The data is to be reproduced in full and without error.

» INFORMATION SUPPLIED
□ □ □ □ □
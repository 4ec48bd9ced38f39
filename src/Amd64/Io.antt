-- ===== src/Amd64/Io.antt =====
-- sys/amd64/io.c, and accesses to device registers in memory. The hardware is a parameter: what a
-- read gives, as a function of everything that was read and written before, the last access first.
pub mod Search
use qnixx.Common.{ℕ, zero, suc, ◌+◌, Option, none, some, List, [], ◌∷◌, Bool, true, false}
use qnixx.Common.Word.{u8, u16, u32}

-- An access to a port or to memory, with its width in bits.
pub data Event : Type 0 where
  out : (width port value : ℕ) → Event
  inp : (width port : ℕ) → Event
  store : (width address value : ℕ) → Event
  load : (width address : ℕ) → Event

abbrev pub Trace : Type 0
Trace = List Event

abbrev pub Hardware : Type 0
Hardware = Trace → Event → ℕ

-- A program that accesses devices: its result, and the trace that it leaves.
abbrev pub Io : Type 0 → Type 0
Io A = Trace → A × Trace

abbrev pub pure : {A : Type 0} → A → Io A
pure a t = (a, t)

infixl 5 ◌>>=◌ ◌>>◌
abbrev pub ◌>>=◌ : {A B : Type 0} → Io A → (A → Io B) → Io B
◌>>=◌ m f t = f (m t).0 (m t).1

abbrev pub ◌>>◌ : {B : Type 0} → Io (Unit {0}) → Io B → Io B
◌>>◌ m k t = k (m t).1

abbrev pub emit : Event → Io (Unit {0})
emit e t = (tt, e ∷ t)

-- `__amd64_outb`, `__amd64_outw`, `__amd64_outl`: the arguments are converted to their types.
abbrev pub outb : ℕ → ℕ → Io (Unit {0})
outb port value = emit (out 8 (u16 port) (u8 value))

abbrev pub outw : ℕ → ℕ → Io (Unit {0})
outw port value = emit (out 16 (u16 port) (u16 value))

abbrev pub outl : ℕ → ℕ → Io (Unit {0})
outl port value = emit (out 32 (u16 port) (u32 value))

-- `__amd64_io_wait`
abbrev pub io_wait : Io (Unit {0})
io_wait = emit (out 8 0x80 0)

module _ (hw : Hardware) where
  abbrev pub receive : Event → Io ℕ
  receive e t = (hw t e, e ∷ t)

  -- `__amd64_inb`, `__amd64_inw`, `__amd64_inl`
  abbrev pub inb : ℕ → Io ℕ
  inb port t = (u8 (hw t (inp 8 (u16 port))), inp 8 (u16 port) ∷ t)

  abbrev pub inw : ℕ → Io ℕ
  inw port t = (u16 (hw t (inp 16 (u16 port))), inp 16 (u16 port) ∷ t)

  abbrev pub inl : ℕ → Io ℕ
  inl port t = (u32 (hw t (inp 32 (u16 port))), inp 32 (u16 port) ∷ t)

-- `for (i = start; ...; ++i)` for a number of rounds, left as soon as a round returns a value.
unfoldable pub search_loop : {A : Type 0} → ℕ → ℕ → (ℕ → Io (Option A)) → Io (Option A)
search_loop zero i body t = (none, t)
search_loop (suc n) i body t = elim (body i t).0 [
  | none ↦ search_loop n (i + 1) body (body i t).1
  | some a ↦ (some a, (body i t).1)
]

-- `for (i = start; ...; ++i)` for a number of rounds.
unfoldable pub each : ℕ → ℕ → (ℕ → Io (Unit {0})) → Io (Unit {0})
each zero i body t = (tt, t)
each (suc n) i body t = each n (i + 1) body (body i t).1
□ □ □ □ □
» RESPONSE TO THE EXERCISE
repository 4ec48bd9ced38f39
filename src/Amd64/Io.antt
-- ===== src/Amd64/Io.antt =====
-- sys/amd64/io.c, and accesses to device registers in memory. The hardware is a parameter: what a
-- read gives, as a function of everything that was read and written before, the last access first.
pub mod Search
use qnixx.Common.{ℕ, zero, suc, ◌+◌, Option, none, some, List, [], ◌∷◌, Bool, true, false}
use qnixx.Common.Word.{u8, u16, u32}

-- An access to a port or to memory, with its width in bits.
pub data Event : Type 0 where
  out : (width port value : ℕ) → Event
  inp : (width port : ℕ) → Event
  store : (width address value : ℕ) → Event
  load : (width address : ℕ) → Event

abbrev pub Trace : Type 0
Trace = List Event

abbrev pub Hardware : Type 0
Hardware = Trace → Event → ℕ

-- A program that accesses devices: its result, and the trace that it leaves.
abbrev pub Io : Type 0 → Type 0
Io A = Trace → A × Trace

abbrev pub pure : {A : Type 0} → A → Io A
pure a t = (a, t)

infixl 5 ◌>>=◌ ◌>>◌
abbrev pub ◌>>=◌ : {A B : Type 0} → Io A → (A → Io B) → Io B
◌>>=◌ m f t = f (m t).0 (m t).1

abbrev pub ◌>>◌ : {B : Type 0} → Io (Unit {0}) → Io B → Io B
◌>>◌ m k t = k (m t).1

abbrev pub emit : Event → Io (Unit {0})
emit e t = (tt, e ∷ t)

-- `__amd64_outb`, `__amd64_outw`, `__amd64_outl`: the arguments are converted to their types.
abbrev pub outb : ℕ → ℕ → Io (Unit {0})
outb port value = emit (out 8 (u16 port) (u8 value))

abbrev pub outw : ℕ → ℕ → Io (Unit {0})
outw port value = emit (out 16 (u16 port) (u16 value))

abbrev pub outl : ℕ → ℕ → Io (Unit {0})
outl port value = emit (out 32 (u16 port) (u32 value))

-- `__amd64_io_wait`
abbrev pub io_wait : Io (Unit {0})
io_wait = emit (out 8 0x80 0)

module _ (hw : Hardware) where
  abbrev pub receive : Event → Io ℕ
  receive e t = (hw t e, e ∷ t)

  -- `__amd64_inb`, `__amd64_inw`, `__amd64_inl`
  abbrev pub inb : ℕ → Io ℕ
  inb port t = (u8 (hw t (inp 8 (u16 port))), inp 8 (u16 port) ∷ t)

  abbrev pub inw : ℕ → Io ℕ
  inw port t = (u16 (hw t (inp 16 (u16 port))), inp 16 (u16 port) ∷ t)

  abbrev pub inl : ℕ → Io ℕ
  inl port t = (u32 (hw t (inp 32 (u16 port))), inp 32 (u16 port) ∷ t)

-- `for (i = start; ...; ++i)` for a number of rounds, left as soon as a round returns a value.
unfoldable pub search_loop : {A : Type 0} → ℕ → ℕ → (ℕ → Io (Option A)) → Io (Option A)
search_loop zero i body t = (none, t)
search_loop (suc n) i body t = elim (body i t).0 [
  | none ↦ search_loop n (i + 1) body (body i t).1
  | some a ↦ (some a, (body i t).1)
]

-- `for (i = start; ...; ++i)` for a number of rounds.
unfoldable pub each : ℕ → ℕ → (ℕ → Io (Unit {0})) → Io (Unit {0})
each zero i body t = (tt, t)
each (suc n) i body t = each n (i + 1) body (body i t).1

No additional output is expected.